## Problem
Working from the records below, repeat exactly the lines starting at the line that contains "-- A uint8, its lowest bit first." and ending at the line that contains "abbrev pub ones_count : Bits → ℕ", inclusive.

Dataset entries:
--------------------------------------------------
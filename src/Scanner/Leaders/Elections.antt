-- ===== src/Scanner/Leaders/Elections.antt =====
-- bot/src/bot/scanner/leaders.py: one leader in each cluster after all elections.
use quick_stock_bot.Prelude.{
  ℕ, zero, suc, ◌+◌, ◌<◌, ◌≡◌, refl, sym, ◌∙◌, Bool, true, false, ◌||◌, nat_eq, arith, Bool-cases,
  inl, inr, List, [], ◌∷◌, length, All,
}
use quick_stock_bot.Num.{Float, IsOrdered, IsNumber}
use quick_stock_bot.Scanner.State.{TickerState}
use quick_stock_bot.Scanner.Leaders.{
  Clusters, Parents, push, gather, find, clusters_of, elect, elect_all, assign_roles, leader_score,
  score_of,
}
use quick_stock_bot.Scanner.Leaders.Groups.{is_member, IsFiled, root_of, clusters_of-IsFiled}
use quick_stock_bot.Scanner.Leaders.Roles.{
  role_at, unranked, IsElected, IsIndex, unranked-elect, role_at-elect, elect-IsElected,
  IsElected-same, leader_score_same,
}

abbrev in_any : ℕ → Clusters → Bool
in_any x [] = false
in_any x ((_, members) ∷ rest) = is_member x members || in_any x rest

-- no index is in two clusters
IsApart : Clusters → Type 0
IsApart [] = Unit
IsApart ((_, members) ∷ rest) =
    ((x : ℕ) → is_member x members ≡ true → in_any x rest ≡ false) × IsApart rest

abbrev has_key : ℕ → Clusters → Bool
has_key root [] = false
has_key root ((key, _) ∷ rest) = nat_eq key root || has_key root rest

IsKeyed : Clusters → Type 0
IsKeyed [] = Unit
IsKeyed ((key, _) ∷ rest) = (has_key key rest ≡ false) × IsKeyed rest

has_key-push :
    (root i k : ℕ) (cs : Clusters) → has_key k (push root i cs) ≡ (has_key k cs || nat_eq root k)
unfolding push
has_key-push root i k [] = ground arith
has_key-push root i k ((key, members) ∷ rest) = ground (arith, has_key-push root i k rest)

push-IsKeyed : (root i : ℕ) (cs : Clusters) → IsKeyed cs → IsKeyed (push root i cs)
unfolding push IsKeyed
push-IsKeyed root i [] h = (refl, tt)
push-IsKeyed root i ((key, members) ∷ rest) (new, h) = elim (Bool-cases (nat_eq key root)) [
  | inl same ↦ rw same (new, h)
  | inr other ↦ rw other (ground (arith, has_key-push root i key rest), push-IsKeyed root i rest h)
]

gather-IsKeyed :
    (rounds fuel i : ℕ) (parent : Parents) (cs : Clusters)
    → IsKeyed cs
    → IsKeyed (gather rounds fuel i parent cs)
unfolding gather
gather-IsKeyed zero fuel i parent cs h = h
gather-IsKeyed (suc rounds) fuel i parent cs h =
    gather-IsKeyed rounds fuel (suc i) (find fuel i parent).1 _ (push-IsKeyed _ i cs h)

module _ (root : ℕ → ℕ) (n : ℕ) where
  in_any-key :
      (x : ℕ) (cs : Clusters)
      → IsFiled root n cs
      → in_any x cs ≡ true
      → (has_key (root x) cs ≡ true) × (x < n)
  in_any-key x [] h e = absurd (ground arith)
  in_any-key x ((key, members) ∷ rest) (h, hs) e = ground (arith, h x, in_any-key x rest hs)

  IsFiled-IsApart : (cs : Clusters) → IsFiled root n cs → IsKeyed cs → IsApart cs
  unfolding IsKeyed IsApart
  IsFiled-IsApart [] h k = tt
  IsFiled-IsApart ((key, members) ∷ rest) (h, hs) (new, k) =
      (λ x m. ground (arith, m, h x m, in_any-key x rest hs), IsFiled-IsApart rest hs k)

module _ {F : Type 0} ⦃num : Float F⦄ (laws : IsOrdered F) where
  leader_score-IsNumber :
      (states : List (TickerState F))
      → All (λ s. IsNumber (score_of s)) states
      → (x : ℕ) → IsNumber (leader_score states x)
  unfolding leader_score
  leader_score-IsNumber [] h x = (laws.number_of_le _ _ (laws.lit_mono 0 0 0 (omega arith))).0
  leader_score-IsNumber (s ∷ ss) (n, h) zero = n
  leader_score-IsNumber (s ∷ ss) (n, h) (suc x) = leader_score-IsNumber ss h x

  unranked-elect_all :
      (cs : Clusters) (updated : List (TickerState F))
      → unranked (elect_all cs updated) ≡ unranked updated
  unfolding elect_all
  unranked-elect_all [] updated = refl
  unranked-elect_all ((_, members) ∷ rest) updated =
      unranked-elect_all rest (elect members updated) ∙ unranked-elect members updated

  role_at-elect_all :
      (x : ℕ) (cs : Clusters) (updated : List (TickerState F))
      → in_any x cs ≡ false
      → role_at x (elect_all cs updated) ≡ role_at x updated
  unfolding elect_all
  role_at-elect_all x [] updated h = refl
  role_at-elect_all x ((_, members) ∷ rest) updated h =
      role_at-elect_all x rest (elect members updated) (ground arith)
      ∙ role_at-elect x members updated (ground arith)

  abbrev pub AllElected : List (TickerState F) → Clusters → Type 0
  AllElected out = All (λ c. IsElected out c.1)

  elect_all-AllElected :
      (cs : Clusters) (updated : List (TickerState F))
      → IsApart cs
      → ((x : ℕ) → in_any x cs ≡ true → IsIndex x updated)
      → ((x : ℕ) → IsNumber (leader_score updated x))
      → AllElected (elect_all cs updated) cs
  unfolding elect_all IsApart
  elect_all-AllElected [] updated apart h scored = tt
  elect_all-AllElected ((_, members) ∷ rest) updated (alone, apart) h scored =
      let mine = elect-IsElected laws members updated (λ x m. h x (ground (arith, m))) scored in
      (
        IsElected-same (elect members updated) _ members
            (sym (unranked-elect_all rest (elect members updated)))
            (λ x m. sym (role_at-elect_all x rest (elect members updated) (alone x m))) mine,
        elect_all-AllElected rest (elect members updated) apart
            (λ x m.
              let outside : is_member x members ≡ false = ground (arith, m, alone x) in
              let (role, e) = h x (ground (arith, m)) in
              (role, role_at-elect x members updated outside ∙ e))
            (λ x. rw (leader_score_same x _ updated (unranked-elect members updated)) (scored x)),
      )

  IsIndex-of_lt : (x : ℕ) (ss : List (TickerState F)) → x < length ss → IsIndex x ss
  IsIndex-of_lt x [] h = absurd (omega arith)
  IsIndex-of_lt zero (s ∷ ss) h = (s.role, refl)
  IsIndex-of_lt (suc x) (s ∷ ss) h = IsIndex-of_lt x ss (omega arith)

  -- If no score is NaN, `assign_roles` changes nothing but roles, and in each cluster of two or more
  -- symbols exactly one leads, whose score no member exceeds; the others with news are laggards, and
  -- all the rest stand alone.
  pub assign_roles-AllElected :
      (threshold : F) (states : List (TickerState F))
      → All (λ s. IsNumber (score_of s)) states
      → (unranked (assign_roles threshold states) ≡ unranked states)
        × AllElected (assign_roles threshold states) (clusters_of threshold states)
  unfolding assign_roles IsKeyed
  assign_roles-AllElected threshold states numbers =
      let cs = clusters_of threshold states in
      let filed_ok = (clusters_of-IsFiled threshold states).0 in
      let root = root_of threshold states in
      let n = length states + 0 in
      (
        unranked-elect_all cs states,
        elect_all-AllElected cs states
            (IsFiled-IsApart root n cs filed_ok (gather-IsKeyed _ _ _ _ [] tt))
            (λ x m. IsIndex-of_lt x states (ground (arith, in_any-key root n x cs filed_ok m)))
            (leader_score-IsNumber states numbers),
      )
--------------------------------------------------
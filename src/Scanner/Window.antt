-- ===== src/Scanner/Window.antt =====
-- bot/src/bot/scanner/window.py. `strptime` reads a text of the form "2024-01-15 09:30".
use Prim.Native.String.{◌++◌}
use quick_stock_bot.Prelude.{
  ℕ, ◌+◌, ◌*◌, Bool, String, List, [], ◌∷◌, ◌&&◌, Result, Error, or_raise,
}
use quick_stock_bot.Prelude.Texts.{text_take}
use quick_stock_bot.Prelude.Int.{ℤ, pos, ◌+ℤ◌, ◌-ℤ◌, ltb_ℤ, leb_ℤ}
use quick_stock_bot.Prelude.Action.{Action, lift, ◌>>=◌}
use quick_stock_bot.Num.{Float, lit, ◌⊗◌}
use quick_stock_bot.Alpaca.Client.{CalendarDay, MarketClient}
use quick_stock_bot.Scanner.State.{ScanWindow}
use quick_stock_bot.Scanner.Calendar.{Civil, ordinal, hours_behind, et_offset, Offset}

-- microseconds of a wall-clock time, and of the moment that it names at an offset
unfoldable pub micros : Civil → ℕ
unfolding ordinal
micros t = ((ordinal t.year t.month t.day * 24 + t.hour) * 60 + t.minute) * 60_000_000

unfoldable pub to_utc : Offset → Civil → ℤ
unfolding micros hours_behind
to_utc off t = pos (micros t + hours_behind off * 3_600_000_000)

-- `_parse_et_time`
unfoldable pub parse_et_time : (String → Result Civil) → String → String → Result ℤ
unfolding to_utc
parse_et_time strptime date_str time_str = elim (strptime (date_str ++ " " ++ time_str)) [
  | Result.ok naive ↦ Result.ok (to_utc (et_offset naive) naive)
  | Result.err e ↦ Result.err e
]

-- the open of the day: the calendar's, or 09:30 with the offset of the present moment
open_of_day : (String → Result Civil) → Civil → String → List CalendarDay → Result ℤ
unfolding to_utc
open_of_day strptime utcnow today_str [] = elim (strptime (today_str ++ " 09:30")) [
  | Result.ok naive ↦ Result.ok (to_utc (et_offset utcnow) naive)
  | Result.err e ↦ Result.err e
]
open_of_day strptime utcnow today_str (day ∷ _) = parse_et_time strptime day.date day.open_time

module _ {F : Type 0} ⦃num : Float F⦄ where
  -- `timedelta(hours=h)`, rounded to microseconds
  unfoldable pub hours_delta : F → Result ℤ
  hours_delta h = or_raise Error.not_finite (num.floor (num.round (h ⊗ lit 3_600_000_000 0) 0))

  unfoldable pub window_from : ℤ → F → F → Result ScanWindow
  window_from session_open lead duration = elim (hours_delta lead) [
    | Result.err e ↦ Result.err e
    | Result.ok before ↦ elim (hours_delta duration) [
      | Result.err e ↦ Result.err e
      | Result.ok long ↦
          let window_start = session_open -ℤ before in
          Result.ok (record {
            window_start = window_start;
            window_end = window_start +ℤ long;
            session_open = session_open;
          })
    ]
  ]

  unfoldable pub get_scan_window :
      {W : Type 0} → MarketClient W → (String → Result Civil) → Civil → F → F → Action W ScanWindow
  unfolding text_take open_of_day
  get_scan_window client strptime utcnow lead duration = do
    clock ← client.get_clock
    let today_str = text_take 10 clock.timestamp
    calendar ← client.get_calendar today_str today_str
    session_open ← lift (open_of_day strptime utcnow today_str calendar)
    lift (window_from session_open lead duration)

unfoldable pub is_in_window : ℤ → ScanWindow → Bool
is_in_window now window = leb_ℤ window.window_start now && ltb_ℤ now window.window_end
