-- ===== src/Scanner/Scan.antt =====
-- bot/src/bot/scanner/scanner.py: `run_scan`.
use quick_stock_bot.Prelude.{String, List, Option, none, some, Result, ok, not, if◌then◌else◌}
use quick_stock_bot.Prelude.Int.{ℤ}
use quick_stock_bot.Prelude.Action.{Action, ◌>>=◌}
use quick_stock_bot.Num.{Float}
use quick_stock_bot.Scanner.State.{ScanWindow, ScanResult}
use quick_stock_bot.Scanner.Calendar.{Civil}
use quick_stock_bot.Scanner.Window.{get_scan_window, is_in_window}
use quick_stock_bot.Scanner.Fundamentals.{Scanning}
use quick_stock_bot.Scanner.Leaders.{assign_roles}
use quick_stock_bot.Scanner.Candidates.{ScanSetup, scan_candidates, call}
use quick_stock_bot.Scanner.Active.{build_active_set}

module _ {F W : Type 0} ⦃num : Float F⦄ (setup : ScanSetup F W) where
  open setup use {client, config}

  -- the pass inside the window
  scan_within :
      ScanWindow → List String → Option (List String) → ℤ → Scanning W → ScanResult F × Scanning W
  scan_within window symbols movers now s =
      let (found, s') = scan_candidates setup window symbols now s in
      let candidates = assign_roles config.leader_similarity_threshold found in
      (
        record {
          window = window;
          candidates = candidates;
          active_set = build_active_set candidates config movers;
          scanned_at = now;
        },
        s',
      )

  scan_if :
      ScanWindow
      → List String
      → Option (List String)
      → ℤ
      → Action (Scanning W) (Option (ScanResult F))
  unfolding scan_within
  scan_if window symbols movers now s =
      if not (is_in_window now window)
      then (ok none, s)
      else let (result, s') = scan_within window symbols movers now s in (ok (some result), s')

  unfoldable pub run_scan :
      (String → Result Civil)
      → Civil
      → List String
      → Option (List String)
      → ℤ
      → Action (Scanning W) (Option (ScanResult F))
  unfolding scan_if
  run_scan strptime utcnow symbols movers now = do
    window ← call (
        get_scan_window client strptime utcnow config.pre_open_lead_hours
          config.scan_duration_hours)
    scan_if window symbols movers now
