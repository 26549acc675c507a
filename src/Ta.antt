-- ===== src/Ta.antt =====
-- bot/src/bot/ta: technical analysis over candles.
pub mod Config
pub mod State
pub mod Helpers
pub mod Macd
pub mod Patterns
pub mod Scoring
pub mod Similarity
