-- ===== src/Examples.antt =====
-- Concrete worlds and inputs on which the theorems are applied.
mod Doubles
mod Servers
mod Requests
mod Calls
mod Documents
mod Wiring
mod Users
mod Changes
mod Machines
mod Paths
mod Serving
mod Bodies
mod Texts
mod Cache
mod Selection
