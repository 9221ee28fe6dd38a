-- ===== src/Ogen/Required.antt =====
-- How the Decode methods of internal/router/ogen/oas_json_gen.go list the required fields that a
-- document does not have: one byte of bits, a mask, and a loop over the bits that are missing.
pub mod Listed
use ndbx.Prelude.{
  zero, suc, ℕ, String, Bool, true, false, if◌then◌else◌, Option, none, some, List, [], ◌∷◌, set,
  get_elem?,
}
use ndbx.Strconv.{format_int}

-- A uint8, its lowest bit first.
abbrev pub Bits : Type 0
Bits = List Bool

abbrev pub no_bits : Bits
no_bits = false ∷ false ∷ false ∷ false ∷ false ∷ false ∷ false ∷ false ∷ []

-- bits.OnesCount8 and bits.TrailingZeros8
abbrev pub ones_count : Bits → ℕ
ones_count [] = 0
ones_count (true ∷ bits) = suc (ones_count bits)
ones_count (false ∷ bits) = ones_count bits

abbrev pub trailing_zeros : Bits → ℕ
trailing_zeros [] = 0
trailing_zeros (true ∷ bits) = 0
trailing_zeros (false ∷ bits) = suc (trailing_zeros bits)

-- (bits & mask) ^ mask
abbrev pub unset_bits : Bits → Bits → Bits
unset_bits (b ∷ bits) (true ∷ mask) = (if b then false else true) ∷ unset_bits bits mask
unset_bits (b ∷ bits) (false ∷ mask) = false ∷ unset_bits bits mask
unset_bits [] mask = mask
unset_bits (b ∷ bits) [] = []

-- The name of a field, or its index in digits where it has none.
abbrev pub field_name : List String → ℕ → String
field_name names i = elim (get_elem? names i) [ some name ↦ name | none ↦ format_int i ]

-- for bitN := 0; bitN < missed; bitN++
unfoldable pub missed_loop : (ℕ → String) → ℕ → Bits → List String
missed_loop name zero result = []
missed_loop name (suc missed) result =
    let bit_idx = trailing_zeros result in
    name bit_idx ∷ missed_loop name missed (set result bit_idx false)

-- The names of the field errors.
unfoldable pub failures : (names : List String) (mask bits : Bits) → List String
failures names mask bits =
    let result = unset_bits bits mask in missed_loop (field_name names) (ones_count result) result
--------------------------------------------------
## Problem solution
-- A uint8, its lowest bit first.
abbrev pub Bits : Type 0
Bits = List Bool

abbrev pub no_bits : Bits
no_bits = false ∷ false ∷ false ∷ false ∷ false ∷ false ∷ false ∷ false ∷ []

-- bits.OnesCount8 and bits.TrailingZeros8
abbrev pub ones_count : Bits → ℕ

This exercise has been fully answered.